It appears you are correct. On the Odyssey web site it selects the ODP-AGM 35 for around $250. It doesn't show the one you mentioned. On the Autozone site it selects the 35-PC1400T which sells for about the same as the Northstar. And I have learned to buy once cry once - but only recently!


----------



## Clvol1255 (Aug 6, 2020)

DaveG said:


> It appears you are correct. On the Odyssey web site it selects the ODP-AGM 35 for around $250. It doesn't show the one you mentioned. On the Autozone site it selects the 35-PC1400T which sells for about the same as the Northstar. And I have learned to buy once cry once - but only recently!

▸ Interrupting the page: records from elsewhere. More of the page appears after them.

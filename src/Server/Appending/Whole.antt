-- ===== src/Server/Appending/Whole.antt =====
-- The bytes of the entries of a log, and what taking over a message leaves as it was.
use mathlib.Core.Path.{subst}
use cpp_raft.Base.{
  ◌≤◌, ◌++◌, sym, to_int, length-take_le, if◌then◌else◌, Bool-cases, length, take, ℤ, eqb_ℤ,
  eqb_ℤ→eq, pos, ℕ, zero, suc, ◌≡◌, refl, inl, inr, List, [], ◌∷◌, arith,
}
use cpp_raft.Msg.{MsgEntry, RaftEntry, MsgAppendEntries, empty_entry, populate_from_msg_entry}
use cpp_raft.Node.{Ptr}
use cpp_raft.Log.{Log, log_append_entry}
use cpp_raft.Server.State.{is_candidate, Server, set_current_term, send}
use cpp_raft.Server.Election.{become_follower}
use cpp_raft.Server.Applying.{append_entry}
use cpp_raft.Server.Appending.{reply_failure, reply_success, append_all, accept}
use cpp_raft.Server.Applying.Progress.{append_entry_none}
use cpp_raft.Server.Appending.Accepting.{entry_of, append_one}

-- Each entry of a log has as many bytes as it says, and each of a message at least as many.
abbrev pub Whole : Log → Type 0
Whole [] = Unit
Whole (e ∷ l) = (length e.content ≡ e.len) × Whole l

abbrev pub Carried : List MsgEntry → Type 0
Carried [] = Unit
Carried (m ∷ ms) = (m.len ≤ length m.content) × Carried ms

pub Whole-take : (n : ℕ) (l : Log) → Whole l → Whole (take n l)
Whole-take zero l h = tt
Whole-take (suc n) [] h = tt
Whole-take (suc n) (e ∷ l) (h, hs) = (h, Whole-take n l hs)

pub length-take-le : (n : ℕ) (l : Log) → length (take n l) ≤ length l
length-take-le zero l = omega arith
length-take-le (suc n) [] = omega arith
length-take-le (suc n) (e ∷ l) = omega (arith, length-take-le n l)

pub Whole-append :
    (l : Log) (e : RaftEntry) → Whole l → length e.content ≡ e.len → Whole (l ++ e ∷ [])
Whole-append [] e h k = (k, tt)
Whole-append (x ∷ l) e (h, hs) k = (h, Whole-append l e hs k)

pub append_all-last :
    (ms : List MsgEntry) (s : Server) → (append_all ms s).1.last_applied_idx ≡ s.last_applied_idx
unfolding append_all append_entry log_append_entry populate_from_msg_entry
append_all-last [] s = refl
append_all-last (m ∷ ms) s = ground (
  arith,
  append_all-last ms
      (append_entry (populate_from_msg_entry (record empty_entry { term = s.current_term }) m) s).1,
)

pub append_all-Whole :
    (ms : List MsgEntry) (s : Server) → Carried ms → Whole s.log → Whole (append_all ms s).1.log
unfolding append_all populate_from_msg_entry
append_all-Whole [] s c h = h
append_all-Whole (m ∷ ms) s (c, cs) h = elim (Bool-cases (eqb_ℤ (to_int m.id) (pos 0))) [
  | inl e ↦ rw (append_entry_none (entry_of s.current_term m) s (eqb_ℤ→eq _ _ e)) h
  | inr e ↦ rw (append_one m s (λ z. ground (arith, e, z))) (
      append_all-Whole ms _ cs
        (Whole-append s.log (entry_of s.current_term m) h (length-take_le m.len m.content c)))
]

pub accept-last :
    (p : Ptr) (term : ℤ) (ae : MsgAppendEntries) (s : Server)
    → (accept p term ae s).last_applied_idx ≡ s.last_applied_idx
unfolding accept reply_failure reply_success send set_current_term become_follower
accept-last p term ae s =
    let t = if is_candidate s.state then become_follower s else s in
    ground (arith, append_all-last ae.entries (record t { current_term = ae.term }))

pub accept-log :
    (p : Ptr) (term : ℤ) (ae : MsgAppendEntries) (s : Server)
    → (accept p term ae s).log
      ≡ (append_all ae.entries (record (if is_candidate s.state then become_follower s else s) {
        current_term = ae.term;
      })).1.log
unfolding accept reply_failure reply_success send set_current_term become_follower
accept-log p term ae s = ground arith

pub accept-Whole :
    (p : Ptr) (term : ℤ) (ae : MsgAppendEntries) (s : Server)
    → Carried ae.entries
    → Whole s.log
    → Whole (accept p term ae s).log
unfolding become_follower
accept-Whole p term ae s c h =
    let t = if is_candidate s.state then become_follower s else s in
    let same : t.log ≡ s.log = ground arith in
    subst Whole (sym (accept-log p term ae s)) (
      append_all-Whole ae.entries (record t { current_term = ae.term }) c
        (subst Whole (sym same) h))

pub replied_log : (p : Ptr) (term : ℤ) (s : Server) → s.log ≡ (reply_failure p term s).log
unfolding reply_failure send
replied_log p term s = ground arith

I’d type in odyssey extreme group 35 or northstar pro group 35 then skim through to see your best deal. A lot of places that carry them are offering 10% off at the moment store wide which isn’t a lot but beats nothing. Very good batteries man. You’ll be able to feel the difference when you crank them in the Mazda 6. Great reputation in the overlanding community too which have tons of accessories and audio equipment usually. Possibly overkill to some but if it keeps me from being stranded somewhere in the cold of no telling where when it happens I’ll pay a tad extra for the extra beef and power


----------



## quickaudi07 (May 19, 2010)

I have northstar in the front and lithium in the back. Works great!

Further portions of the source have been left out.